___ Data to process

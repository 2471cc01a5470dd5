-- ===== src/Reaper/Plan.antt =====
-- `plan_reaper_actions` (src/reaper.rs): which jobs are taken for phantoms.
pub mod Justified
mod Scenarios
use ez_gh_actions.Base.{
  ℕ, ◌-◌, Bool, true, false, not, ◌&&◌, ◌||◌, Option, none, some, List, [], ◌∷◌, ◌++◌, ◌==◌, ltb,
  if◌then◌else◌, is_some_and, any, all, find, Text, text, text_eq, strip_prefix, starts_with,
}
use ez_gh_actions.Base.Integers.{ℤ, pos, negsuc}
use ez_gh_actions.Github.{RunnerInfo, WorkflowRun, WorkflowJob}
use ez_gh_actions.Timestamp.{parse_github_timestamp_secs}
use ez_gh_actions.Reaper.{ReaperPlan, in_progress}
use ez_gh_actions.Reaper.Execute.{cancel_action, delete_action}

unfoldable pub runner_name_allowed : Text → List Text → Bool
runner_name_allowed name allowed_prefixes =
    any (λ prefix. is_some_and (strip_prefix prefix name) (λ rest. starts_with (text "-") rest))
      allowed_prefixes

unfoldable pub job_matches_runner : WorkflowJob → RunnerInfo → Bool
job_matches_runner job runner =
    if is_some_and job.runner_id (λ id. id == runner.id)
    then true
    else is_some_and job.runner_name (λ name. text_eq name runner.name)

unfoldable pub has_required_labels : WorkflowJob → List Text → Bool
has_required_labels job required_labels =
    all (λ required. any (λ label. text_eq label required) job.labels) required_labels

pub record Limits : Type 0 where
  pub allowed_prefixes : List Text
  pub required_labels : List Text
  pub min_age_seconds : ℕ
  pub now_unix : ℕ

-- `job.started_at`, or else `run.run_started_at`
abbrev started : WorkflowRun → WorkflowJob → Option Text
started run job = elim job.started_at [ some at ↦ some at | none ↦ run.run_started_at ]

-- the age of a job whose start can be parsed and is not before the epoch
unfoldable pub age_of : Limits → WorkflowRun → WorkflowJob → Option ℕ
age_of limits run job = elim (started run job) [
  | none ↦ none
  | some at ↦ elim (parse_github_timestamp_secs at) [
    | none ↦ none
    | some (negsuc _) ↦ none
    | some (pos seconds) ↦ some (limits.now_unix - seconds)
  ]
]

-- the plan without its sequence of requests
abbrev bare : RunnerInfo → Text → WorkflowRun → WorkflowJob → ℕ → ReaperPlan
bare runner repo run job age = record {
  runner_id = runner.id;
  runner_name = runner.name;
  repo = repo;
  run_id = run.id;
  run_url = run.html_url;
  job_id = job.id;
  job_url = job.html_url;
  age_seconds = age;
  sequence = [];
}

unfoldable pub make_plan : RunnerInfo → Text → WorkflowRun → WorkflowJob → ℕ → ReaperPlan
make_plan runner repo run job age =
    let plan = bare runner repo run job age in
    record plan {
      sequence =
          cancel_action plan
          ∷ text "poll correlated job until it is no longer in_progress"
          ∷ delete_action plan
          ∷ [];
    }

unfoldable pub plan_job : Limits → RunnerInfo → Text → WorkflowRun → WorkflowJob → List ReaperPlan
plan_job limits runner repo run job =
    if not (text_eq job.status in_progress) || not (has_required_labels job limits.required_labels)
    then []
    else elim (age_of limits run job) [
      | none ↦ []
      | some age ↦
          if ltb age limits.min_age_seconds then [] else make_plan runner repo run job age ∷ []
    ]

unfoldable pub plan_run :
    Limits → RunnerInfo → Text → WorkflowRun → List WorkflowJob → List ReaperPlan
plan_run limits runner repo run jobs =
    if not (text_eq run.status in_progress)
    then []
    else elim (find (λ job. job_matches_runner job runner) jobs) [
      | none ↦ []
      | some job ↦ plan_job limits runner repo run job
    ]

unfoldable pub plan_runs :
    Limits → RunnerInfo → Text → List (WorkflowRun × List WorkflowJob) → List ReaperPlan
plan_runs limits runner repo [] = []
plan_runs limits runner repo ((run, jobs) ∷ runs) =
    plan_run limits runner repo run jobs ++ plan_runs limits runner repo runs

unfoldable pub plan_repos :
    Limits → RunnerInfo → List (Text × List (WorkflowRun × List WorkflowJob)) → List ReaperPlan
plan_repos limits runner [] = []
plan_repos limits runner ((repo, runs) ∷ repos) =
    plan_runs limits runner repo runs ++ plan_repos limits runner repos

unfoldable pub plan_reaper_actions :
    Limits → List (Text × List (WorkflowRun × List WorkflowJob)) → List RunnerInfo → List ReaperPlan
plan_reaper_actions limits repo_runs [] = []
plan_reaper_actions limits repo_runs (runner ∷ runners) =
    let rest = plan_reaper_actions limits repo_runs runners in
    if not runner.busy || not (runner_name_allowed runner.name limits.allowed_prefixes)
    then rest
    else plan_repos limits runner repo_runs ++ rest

______

Your task is to restate, word for word, the lines from the beginning of the records to the line with "started run job = elim", inclusive.

repository 2471cc01a5470dd5
-- ===== src/Reaper/Plan.antt =====
-- `plan_reaper_actions` (src/reaper.rs): which jobs are taken for phantoms.
pub mod Justified
mod Scenarios
use ez_gh_actions.Base.{
  ℕ, ◌-◌, Bool, true, false, not, ◌&&◌, ◌||◌, Option, none, some, List, [], ◌∷◌, ◌++◌, ◌==◌, ltb,
  if◌then◌else◌, is_some_and, any, all, find, Text, text, text_eq, strip_prefix, starts_with,
}
use ez_gh_actions.Base.Integers.{ℤ, pos, negsuc}
use ez_gh_actions.Github.{RunnerInfo, WorkflowRun, WorkflowJob}
use ez_gh_actions.Timestamp.{parse_github_timestamp_secs}
use ez_gh_actions.Reaper.{ReaperPlan, in_progress}
use ez_gh_actions.Reaper.Execute.{cancel_action, delete_action}

unfoldable pub runner_name_allowed : Text → List Text → Bool
runner_name_allowed name allowed_prefixes =
    any (λ prefix. is_some_and (strip_prefix prefix name) (λ rest. starts_with (text "-") rest))
      allowed_prefixes

unfoldable pub job_matches_runner : WorkflowJob → RunnerInfo → Bool
job_matches_runner job runner =
    if is_some_and job.runner_id (λ id. id == runner.id)
    then true
    else is_some_and job.runner_name (λ name. text_eq name runner.name)

unfoldable pub has_required_labels : WorkflowJob → List Text → Bool
has_required_labels job required_labels =
    all (λ required. any (λ label. text_eq label required) job.labels) required_labels

pub record Limits : Type 0 where
  pub allowed_prefixes : List Text
  pub required_labels : List Text
  pub min_age_seconds : ℕ
  pub now_unix : ℕ

-- `job.started_at`, or else `run.run_started_at`
abbrev started : WorkflowRun → WorkflowJob → Option Text
started run job = elim job.started_at [ some at ↦ some at | none ↦ run.run_started_at ]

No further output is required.